» **What the task asks**
In the material below, find each line with the word "found" and list it.

-- Data under study follows --

-- ===== src/TypeMemory/Recall.antt =====
-- ui/src/typeMemory.ts: what is suggested for a field, as to what was remembered of it.
use Prim.Native.Char.{code}
use kaja.Prelude.{
  nat_eq, Bool-cases, inl, inr, ℕ, ◌+◌, ◌≤◌, ◌≡◌, refl, ap, ◌∙◌, String, Bool, true, false, not,
  ◌&&◌, Option, none, some, List, [], ◌∷◌, ◌++◌, arith, any, length, get_elem?, ◌==◌, eq_iff,
  eq_refl,
}
use kaja.Prelude.Dict
use kaja.Prelude.Dict.{Dict, lookup-insert, length-insert}
use kaja.TypeMemory.{
  Memory, MemoryEntry, ScalarValue, ValueSource, RememberedValue, promote, value_entry, type_entry,
  values_in, remember, remember_value, remember_type, remembered, evict_old_keys, field_key,
  name_key, seen_key, distinct_values, related, recall_values,
}

-- No two values are written alike.
abbrev pub each_once : List RememberedValue → Bool
each_once [] = true
each_once (value ∷ rest) =
    not (any (λ (other : RememberedValue). seen_key other.value == seen_key value.value) rest)
    && each_once rest

unseen-distinct_values :
    (key : String) (seen : List String) (xs : List RememberedValue)
    → any (λ other. other == key) seen ≡ true
    → any (λ (other : RememberedValue). seen_key other.value == key) (distinct_values seen xs)
      ≡ false
unfolding distinct_values
unseen-distinct_values key seen [] h = refl
unseen-distinct_values key seen (value ∷ xs) h = ground (
  arith,
  h,
  unseen-distinct_values key seen xs h,
  unseen-distinct_values key (seen_key value.value ∷ seen) xs,
  eq_iff (seen_key value.value) key,
)

each_once-distinct_values :
    (seen : List String) (xs : List RememberedValue) → each_once (distinct_values seen xs) ≡ true
unfolding distinct_values
each_once-distinct_values seen [] = refl
each_once-distinct_values seen (value ∷ xs) = ground (
  arith,
  each_once-distinct_values seen xs,
  each_once-distinct_values (seen_key value.value ∷ seen) xs,
  unseen-distinct_values (seen_key value.value) (seen_key value.value ∷ seen) xs
      (ground (arith, eq_refl (seen_key value.value))),
)

-- The first letter of a key tells the two sorts apart.
abbrev is_name_key : String → Bool
is_name_key String.[] = false
is_name_key (String.◌∷◌ c key) = nat_eq (code c) 110

keys_apart :
    (type_name field_name : String) (scalar_type : ℕ)
    → (name_key field_name scalar_type == field_key type_name field_name) ≡ false
keys_apart type_name field_name scalar_type =
    elim (Bool-cases (name_key field_name scalar_type == field_key type_name field_name)) [
      | inl alike ↦ absurd (cc (ap is_name_key ((eq_iff _ _).0 alike)))
      | inr apart ↦ apart
    ]

lookup-remember_type :
    (type_name field_name : String) (scalar_type : Option ℕ) (now : ℕ) (memory : Memory)
    → Dict.lookup
        (field_key type_name field_name)
        (remember_type type_name field_name scalar_type now memory)
      ≡ Dict.lookup (field_key type_name field_name) memory
unfolding remember_type
lookup-remember_type type_name field_name none now memory = refl
lookup-remember_type type_name field_name (some scalar_type) now memory = ground (
  arith,
  keys_apart type_name field_name scalar_type,
  lookup-insert (name_key field_name scalar_type) (field_key type_name field_name)
      (type_entry type_name now (Dict.lookup (name_key field_name scalar_type) memory)) memory,
)

length-remember_type-le :
    (type_name field_name : String) (scalar_type : Option ℕ) (now : ℕ) (memory : Memory)
    → length (remember_type type_name field_name scalar_type now memory) ≤ length memory + 1
unfolding remember_type
length-remember_type-le type_name field_name none now memory = omega arith
length-remember_type-le type_name field_name (some scalar_type) now memory = ground (
  arith,
  length-insert (name_key field_name scalar_type)
      (type_entry type_name now (Dict.lookup (name_key field_name scalar_type) memory)) memory,
)

lookup-remember_value :
    (seen : RememberedValue) (now : ℕ) (memory : Memory)
    → Dict.lookup (field_key seen.type_name seen.field_name) (remember_value seen now memory)
      ≡ some (value_entry seen now (Dict.lookup (field_key seen.type_name seen.field_name) memory))
unfolding remember_value
lookup-remember_value seen now memory =
    let key = field_key seen.type_name seen.field_name in
    ground (
      arith,
      eq_refl key,
      lookup-insert key key (value_entry seen now (Dict.lookup key memory)) memory,
    )

length-remember_value-le :
    (seen : RememberedValue) (now : ℕ) (memory : Memory)
    → length (remember_value seen now memory) ≤ length memory + 1
unfolding remember_value
length-remember_value-le seen now memory =
    let key = field_key seen.type_name seen.field_name in
    ground (arith, length-insert key (value_entry seen now (Dict.lookup key memory)) memory)

evict_roomy : (memory : Memory) → length memory ≤ 800 → evict_old_keys memory ≡ memory
unfolding evict_old_keys
evict_roomy memory h = ground (arith, h)

values_of_entry :
    (seen : RememberedValue) (now : ℕ) (before after : Option MemoryEntry)
    → after ≡ some (value_entry seen now before)
    → get_elem? (values_in after).v 0 ≡ some seen
unfolding value_entry promote
values_of_entry seen now before after h = rw h refl

first_value :
    (seen : RememberedValue) (exact others : List RememberedValue)
    → get_elem? exact 0 ≡ some seen
    → get_elem? (distinct_values [] (exact ++ others)) 0 ≡ some seen
unfolding distinct_values
first_value seen [] others h = cc
first_value seen (value ∷ exact) others h = h

each_once-recall_values :
    (type_name field_name : String) (suggested : Option ℕ) (memory : Memory)
    → each_once (recall_values type_name field_name suggested memory) ≡ true
unfolding recall_values
each_once-recall_values type_name field_name suggested memory = each_once-distinct_values [] (
    (values_in (Dict.lookup (field_key type_name field_name) memory)).v
    ++ related suggested type_name field_name memory)

-- What is suggested for a field holds no two values that are written alike, and once a value of the
-- field was remembered, in a memory of at most 798 entries, that value is the first.
pub recall_values-remember :
    (type_name field_name : String) (value : ScalarValue) (scalar_type suggested : Option ℕ)
    (source : ValueSource) (now : ℕ) (memory : Memory)
    → length memory ≤ 798
    → (each_once (
          recall_values type_name field_name suggested
            (remember type_name field_name value scalar_type source now memory))
        ≡ true)
      × (get_elem?
            (recall_values type_name field_name suggested
              (remember type_name field_name value scalar_type source now memory))
            0
          ≡ some (remembered type_name field_name value source now))
unfolding recall_values remember
recall_values-remember type_name field_name value scalar_type suggested source now memory roomy =
    let seen = remembered type_name field_name value source now in
    let key = field_key type_name field_name in
    let first = remember_value seen now memory in
    let both = remember_type type_name field_name scalar_type now first in
    let kept : evict_old_keys both ≡ both = evict_roomy both (
      omega (
        arith,
        roomy,
        length-remember_type-le type_name field_name scalar_type now first,
        length-remember_value-le seen now memory,
      )) in
    let found : Dict.lookup key both ≡ some (value_entry seen now (Dict.lookup key memory)) =
      lookup-remember_type type_name field_name scalar_type now first
      ∙ lookup-remember_value seen now memory in
    (
      each_once-recall_values type_name field_name suggested
          (remember type_name field_name value scalar_type source now memory),
      rw (kept, recall_values)
          (first_value seen (values_in (Dict.lookup key both)).v
            (related suggested type_name field_name both)
            (values_of_entry seen now (Dict.lookup key memory) (Dict.lookup key both) found)),
    )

-- Data under study concluded --

» **Written answer**
    let found : Dict.lookup key both ≡ some (value_entry seen now (Dict.lookup key memory)) =
            (values_of_entry seen now (Dict.lookup key memory) (Dict.lookup key both) found)),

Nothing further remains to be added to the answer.